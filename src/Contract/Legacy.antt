-- ===== src/Contract/Legacy.antt =====
-- Contracts of version 1 that can only be read, and snapshots of contracts of both kinds
-- (crates/patchwright-core/src/contract.rs).
use patchwright.Prelude.{
  ℕ, Bool, true, false, not, List, Option, none, some, map, ◌==◌, nat_eq, ok, err, ◌>>◌, ◌>>=◌,
  reject_if,
}
use patchwright.Prelude.Text.{Text, trim}
use patchwright.Policy.Capabilities.{Capability}
use patchwright.Contract.Fields.{Validated, invalid_field, nonempty, validate_optional_git_sha}
use patchwright.Contract.Source.{TaskSource, revalidate_task_source}
use patchwright.Contract.Parts.{
  InstructionDigest, VerificationCommand, RiskClass, SensitivePath, collect_all,
}
use patchwright.Contract.Tasks
use patchwright.Contract.Tasks.{
  TaskContract, TaskContractWire, is_bad_criteria, is_unbound, is_bad_dependencies,
  revalidate_digest, revalidate_command, revalidate_path,
}

pub record LegacyTaskContract : Type 0 where
  pub version : ℕ
  pub task_id : ℕ
  pub source : TaskSource
  pub repository_binding_id : ℕ
  pub goal : Text
  pub acceptance_criteria : List Text
  pub base_sha : Option Text
  pub head_sha : Option Text
  pub instruction_digests : List InstructionDigest
  pub verification_commands : List VerificationCommand
  pub required_capabilities : List Capability
  pub risk : RiskClass
  pub sensitive_paths : List SensitivePath
  pub dependencies : List ℕ

-- What a JSON object of an old contract holds, its parts already read.
pub record LegacyTaskContractWire : Type 0 where
  pub version : ℕ
  pub task_id : ℕ
  pub source : TaskSource
  pub repository_binding_id : ℕ
  pub goal : Text
  pub acceptance_criteria : List Text
  pub base_sha : Option Text
  pub head_sha : Option Text
  pub instruction_digests : List InstructionDigest
  pub verification_commands : List VerificationCommand
  pub required_capabilities : List Capability
  pub risk : RiskClass
  pub sensitive_paths : List SensitivePath
  pub dependencies : List ℕ

-- `LegacyTaskContract::deserialize`, from the wire on.
unfoldable pub deserialize_legacy : LegacyTaskContractWire → Validated LegacyTaskContract
deserialize_legacy wire = do
  reject_if (not (wire.version == 1)) (invalid_field "version")
  source ← revalidate_task_source wire.source
  nonempty (trim wire.goal) "goal"
  reject_if (is_bad_criteria (map trim wire.acceptance_criteria))
      (invalid_field "acceptanceCriteria")
  validate_optional_git_sha wire.base_sha "baseSha"
  validate_optional_git_sha wire.head_sha "headSha"
  reject_if (is_unbound source wire.base_sha wire.head_sha) (invalid_field "pullRequestShaBinding")
  reject_if (is_bad_dependencies wire.task_id wire.dependencies) (invalid_field "dependencies")
  instruction_digests ← collect_all revalidate_digest wire.instruction_digests
  verification_commands ← collect_all revalidate_command wire.verification_commands
  sensitive_paths ← collect_all revalidate_path wire.sensitive_paths
  ok (record {
    version = wire.version;
    task_id = wire.task_id;
    source = source;
    repository_binding_id = wire.repository_binding_id;
    goal = trim wire.goal;
    acceptance_criteria = map trim wire.acceptance_criteria;
    base_sha = wire.base_sha;
    head_sha = wire.head_sha;
    instruction_digests = instruction_digests;
    verification_commands = verification_commands;
    required_capabilities = wire.required_capabilities;
    risk = wire.risk;
    sensitive_paths = sensitive_paths;
    dependencies = wire.dependencies;
  })

-- What the derived `Serialize` writes of an old contract.
abbrev pub serialize_legacy : LegacyTaskContract → LegacyTaskContractWire
serialize_legacy contract = record {
  version = contract.version;
  task_id = contract.task_id;
  source = contract.source;
  repository_binding_id = contract.repository_binding_id;
  goal = contract.goal;
  acceptance_criteria = contract.acceptance_criteria;
  base_sha = contract.base_sha;
  head_sha = contract.head_sha;
  instruction_digests = contract.instruction_digests;
  verification_commands = contract.verification_commands;
  required_capabilities = contract.required_capabilities;
  risk = contract.risk;
  sensitive_paths = contract.sensitive_paths;
  dependencies = contract.dependencies;
}

pub data TaskContractSnapshot : Type 0 where
  executable : TaskContract → TaskContractSnapshot
  legacy_read_only : LegacyTaskContract → TaskContractSnapshot

-- `serde_json::from_value` of a wire, then the rest of the reading.
abbrev pub read_with : {A B : Type 0} → (A → Validated B) → Option A → Validated B
read_with f none = err (invalid_field "json")
read_with f (some wire) = f wire

abbrev pub or_legacy :
    Validated TaskContract → Validated LegacyTaskContract → Validated TaskContractSnapshot
or_legacy (ok contract) rest = ok (executable contract)
or_legacy (err e) rest = rest >>= λ contract. ok (legacy_read_only contract)

-- `TaskContractSnapshot::deserialize`, on the wires that the JSON value has, if any.
unfoldable pub deserialize_snapshot :
    Option TaskContractWire → Option LegacyTaskContractWire → Validated TaskContractSnapshot
deserialize_snapshot wire legacy =
    or_legacy (read_with Tasks.deserialize wire) (read_with deserialize_legacy legacy)

-- `TaskContractSnapshot::is_legacy_read_only`.
unfoldable pub is_legacy_read_only : TaskContractSnapshot → Bool
is_legacy_read_only (executable contract) = false
is_legacy_read_only (legacy_read_only contract) = true
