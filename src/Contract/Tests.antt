-- ===== src/Contract/Tests.antt =====
-- Task contracts at concrete inputs.
use patchwright.Prelude.{◌≡◌, refl, ◌∷◌, [], some, ok, replicate}
use patchwright.Prelude.Text.{
  codes, trim, len, starts_with, split_once, is_whitespace, is_control, is_ascii_hexdigit,
}
use patchwright.Policy.Capabilities.{merge_pull_request}
use patchwright.Contract.Fields.{
  nonempty, nonzero, is_absolute, is_git_sha, validate_git_sha, is_sha256, validate_sha256,
  is_space_or_control, is_repository_name, validate_repository_name, validate_ref, is_https_url,
  validate_https_url, validate_github_item, validate_optional_git_sha,
}
use patchwright.Contract.Source.{
  GitHubPullRequestSource, github_pull_request, new_github_pull_request, revalidate_task_source,
}
use patchwright.Contract.Parts.{
  new_digest, new_command, moderate, segments, is_bad_path, new_sensitive_path, collect_all,
  collect_set,
}
use patchwright.Contract.Tasks.{
  TaskContract, TaskContractWire, is_bad_criteria, is_unbound, is_bad_dependencies, try_from,
  draft_of, deserialize, serialize,
}
use patchwright.Contract.RoundTrips.{deserialize_lem}
use patchwright.Contract.Consistency.{IsConsistent, try_from-IsConsistent}

abbrev pub pull_request_source : GitHubPullRequestSource
pull_request_source = record {
  repository_id = 1;
  repository_full_name = codes "o/r";
  number = 7;
  html_url = codes "https://h/7";
  snapshot_at = 5;
  base_ref = codes "main";
  base_sha = replicate 40 b'b';
  head_ref = codes "fix";
  head_sha = replicate 40 b'a';
}

abbrev contract_wire : TaskContractWire
contract_wire = record {
  version = 1;
  task_id = 3;
  source = github_pull_request pull_request_source;
  repository_binding_id = 4;
  goal = codes " fix ";
  acceptance_criteria = codes "done " ∷ [];
  base_sha = some (replicate 40 b'b');
  head_sha = some (replicate 40 b'a');
  source_sha256 = replicate 64 b'0';
  repository_sha256 = replicate 64 b'1';
  instruction_digests =
      record { source = codes "A"; sha256 = replicate 64 b'2'; precedence = 1 } ∷ [];
  verification_commands = record { program = codes "make"; args = codes "t" ∷ [] } ∷ [];
  required_capabilities = merge_pull_request ∷ [];
  risk = moderate;
  sensitive_paths = record { path = codes "a/b"; reason = codes "keys" } ∷ [];
  dependencies = 8 ∷ 9 ∷ [];
}

abbrev pub contract_read : TaskContract
contract_read = record {
  version = 1;
  task_id = 3;
  source = github_pull_request pull_request_source;
  repository_binding_id = 4;
  goal = codes "fix";
  acceptance_criteria = codes "done" ∷ [];
  base_sha = some (replicate 40 b'b');
  head_sha = some (replicate 40 b'a');
  source_sha256 = replicate 64 b'0';
  repository_sha256 = replicate 64 b'1';
  instruction_digests =
      record { source = codes "A"; sha256 = replicate 64 b'2'; precedence = 1 } ∷ [];
  verification_commands = record { program = codes "make"; args = codes "t" ∷ [] } ∷ [];
  required_capabilities = merge_pull_request ∷ [];
  risk = moderate;
  sensitive_paths = record { path = codes "a/b"; reason = codes "keys" } ∷ [];
  dependencies = 8 ∷ 9 ∷ [];
}

read-contract : deserialize contract_wire ≡ ok contract_read
unfolding deserialize try_from nonempty nonzero is_absolute is_git_sha validate_git_sha is_sha256
    validate_sha256 is_space_or_control is_repository_name validate_repository_name validate_ref
    is_https_url validate_https_url validate_github_item validate_optional_git_sha
    new_github_pull_request revalidate_task_source new_digest new_command segments is_bad_path
    new_sensitive_path collect_all collect_set is_bad_criteria is_unbound is_bad_dependencies trim
    len starts_with split_once is_whitespace is_control is_ascii_hexdigit
read-contract = refl

deserialize_lem_example : deserialize (serialize contract_read) ≡ ok contract_read
deserialize_lem_example = deserialize_lem contract_wire contract_read read-contract

abbrev contract_new : TaskContract
contract_new = record contract_read { version = 2 }

new-contract : try_from (draft_of contract_wire) ≡ ok contract_new
unfolding try_from nonempty nonzero is_absolute is_git_sha validate_git_sha is_sha256
    validate_sha256 is_space_or_control is_repository_name validate_repository_name validate_ref
    is_https_url validate_https_url validate_github_item validate_optional_git_sha
    new_github_pull_request revalidate_task_source new_digest new_command segments is_bad_path
    new_sensitive_path collect_all collect_set is_bad_criteria is_unbound is_bad_dependencies trim
    len starts_with split_once is_whitespace is_control is_ascii_hexdigit
new-contract = refl

try_from-IsConsistent_example : IsConsistent contract_new
try_from-IsConsistent_example =
    try_from-IsConsistent (draft_of contract_wire) contract_new new-contract
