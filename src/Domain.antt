-- ===== src/Domain.antt =====
-- crates/patchwright-core/src/domain.rs: the task and its lifecycle. A method on `&mut self`
-- returns the task that it leaves behind with its result. `now` stands for `Utc::now()`, `id` for
-- a fresh UUID. Times are nanoseconds from a fixed origin.
pub mod Consistency
pub mod Lifecycle
pub mod Milestones
pub mod Recovery
mod Tests
use patchwright.Prelude.{
  ℕ, Bool, true, false, not, ◌&&◌, ◌||◌, Option, none, some, is_empty, if◌then◌else◌, Result, ok,
  err, ◌==◌, Eq, discrete_eq, ◌>>=◌, ◌>>◌, reject_if,
}
use patchwright.Prelude.Text.{Text, trim}
use patchwright.Contract.Fields.{is_absolute}
use patchwright.Contract.Source.{TaskSource, local_request}

pub data TaskState : Type 0 where
  discovered assessing planned awaiting_preparation_approval preparing implementing verifying :
      TaskState
  reviewing awaiting_delivery_approval delivering monitoring awaiting_merge_approval : TaskState
  merging paused blocked completed failed cancelled : TaskState

unfoldable pub TaskState-discrete : Discrete TaskState
TaskState-discrete = hlevel

instance abbrev pub task_state_eq : Eq TaskState
task_state_eq = discrete_eq TaskState-discrete

-- `TaskState::permits`.
unfoldable pub permits : TaskState → TaskState → Bool
permits discovered assessing = true
permits assessing planned = true
permits planned awaiting_preparation_approval = true
permits awaiting_preparation_approval preparing = true
permits preparing implementing = true
permits implementing verifying = true
permits verifying reviewing = true
permits reviewing awaiting_delivery_approval = true
permits awaiting_delivery_approval delivering = true
permits delivering monitoring = true
permits monitoring completed = true
permits monitoring awaiting_merge_approval = true
permits merging completed = true
permits merging awaiting_merge_approval = true
permits awaiting_merge_approval merging = true
permits _ _ = false

unfoldable pub is_terminal : TaskState → Bool
is_terminal completed = true
is_terminal failed = true
is_terminal cancelled = true
is_terminal _ = false

unfoldable pub is_interruption : TaskState → Bool
is_interruption paused = true
is_interruption blocked = true
is_interruption failed = true
is_interruption cancelled = true
is_interruption _ = false

unfoldable pub is_recoverable_interruption : TaskState → Bool
is_recoverable_interruption paused = true
is_recoverable_interruption blocked = true
is_recoverable_interruption _ = false

pub data ValidationError : Type 0 where
  empty_title : ValidationError
  relative_repository : ValidationError
  invalid_transition : TaskState → TaskState → ValidationError
  empty_interruption_reason : ValidationError
  invalid_interruption_state : TaskState → ValidationError

pub record TaskInterruption : Type 0 where
  pub state : TaskState
  pub resume_state : TaskState
  pub reason : Text

pub record Task : Type 0 where
  pub id : ℕ
  pub title : Text
  pub repository_path : Text
  pub state : TaskState
  pub created_at : ℕ
  pub updated_at : ℕ
  pub interruption : Option TaskInterruption
  pub source : TaskSource
  pub repository_binding_id : Option ℕ
  pub contract_version : ℕ
  pub checkpoint_id : Option ℕ

abbrev pub default_contract_version : ℕ
default_contract_version = 1

-- `Task::new`.
unfoldable pub new : ℕ → ℕ → Text → Text → Result ValidationError Task
new id now title repository_path = do
  reject_if (is_empty (trim title)) empty_title
  reject_if (not (is_absolute repository_path)) relative_repository
  ok (record {
    id = id;
    title = trim title;
    repository_path = repository_path;
    state = discovered;
    created_at = now;
    updated_at = now;
    interruption = none;
    source = local_request;
    repository_binding_id = none;
    contract_version = default_contract_version;
    checkpoint_id = none;
  })

unfoldable pub transition : ℕ → TaskState → Task → Task × Result ValidationError Unit
unfolding permits
transition now next task =
    if permits task.state next
    then (record task { state = next; updated_at = now }, ok tt)
    else (task, err (invalid_transition task.state next))

unfoldable pub interrupt : ℕ → TaskState → Text → Task → Task × Result ValidationError Unit
unfolding is_interruption is_terminal
interrupt now interruption_state reason task =
    if not (is_interruption interruption_state)
    then (task, err (invalid_interruption_state interruption_state))
    else if is_terminal task.state || is_interruption task.state
    then (task, err (invalid_transition task.state interruption_state))
    else if is_empty (trim reason)
    then (task, err empty_interruption_reason)
    else (
      record task {
        state = interruption_state;
        interruption = some (record {
          state = interruption_state;
          resume_state = task.state;
          reason = trim reason;
        });
        updated_at = now;
      },
      ok tt,
    )

-- `Task::resume`, by the recorded interruption.
resume_recorded : ℕ → Option TaskInterruption → Task → Task × Result ValidationError Unit
unfolding is_recoverable_interruption
resume_recorded now none task = (task, err (invalid_transition task.state task.state))
resume_recorded now (some interruption) task =
    if not (is_recoverable_interruption task.state) || not (interruption.state == task.state)
    then (task, err (invalid_transition task.state interruption.resume_state))
    else (
      record task { state = interruption.resume_state; interruption = none; updated_at = now },
      ok tt,
    )

unfoldable pub resume : ℕ → Task → Task × Result ValidationError Unit
unfolding resume_recorded
resume now task = resume_recorded now task.interruption task
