-- The account and device of a validated access token.
pub record Identity : Type 0 where
  pub user_id : Uuid
  pub device_id : Uuid

pub record OperationChange : Type 0 where
  pub entity : String
  pub op : String
  pub entity_id : Uuid
  pub payload : String

abbrev pub Applied : Type 0
Applied = OperationResult × Option OperationChange

unfoldable pub rejected_result : Uuid → String → OperationResult
rejected_result op_id reason = record {
  op_id = op_id;
  status = "rejected";
  seq = none;
  reason = reason;
  server_state = "";
  stocktake_outcome = none;
}

abbrev pub product_reason : ProductError → String
product_reason ProductError.invalid_input = "invalid_product"
product_reason ProductError.product_not_found = "product_not_found"
product_reason ProductError.product_deleted = "product_deleted"
product_reason ProductError.version_conflict = "version_conflict"
product_reason ProductError.barcode_conflict = "barcode_conflict"
product_reason ProductError.product_conflict = "product_conflict"
product_reason ProductError.ownership_violation = "ownership_violation"

abbrev pub movement_reason : MovementError → Option String
movement_reason MovementError.invalid_input = some "invalid_movement"
movement_reason MovementError.invalid_delta = some "invalid_delta"
movement_reason MovementError.invalid_kind = some "invalid_movement_kind"
movement_reason MovementError.invalid_reversal = some "invalid_reversal"
movement_reason MovementError.movement_not_found = some "movement_not_found"
movement_reason MovementError.invalid_stocktake = some "invalid_stocktake"
movement_reason MovementError.product_not_found = some "product_not_found"
movement_reason MovementError.product_deleted = some "product_deleted"
movement_reason MovementError.movement_conflict = some "movement_conflict"
movement_reason MovementError.ownership_violation = some "ownership_violation"
movement_reason (MovementError.stocktake_displaced r) = none

abbrev domain_reason : Error → Option String
domain_reason (product_error e) = some (product_reason e)
domain_reason (movement_error e) = movement_reason e
domain_reason _ = none

abbrev pub rejection : Uuid → Option String → Option OperationResult
rejection op_id none = none
rejection op_id (some reason) = some (rejected_result op_id reason)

▬▬▬

Given the records above, reproduce precisely and only the lines between the line holding "created_at = now;" and the line holding "if permits task.state next", inclusive.

▶ _Reply to the task_:
    created_at = now;
    updated_at = now;
    interruption = none;
    source = local_request;
    repository_binding_id = none;
    contract_version = default_contract_version;
    checkpoint_id = none;
  })

unfoldable pub transition : ℕ → TaskState → Task → Task × Result ValidationError Unit
unfolding permits
transition now next task =
    if permits task.state next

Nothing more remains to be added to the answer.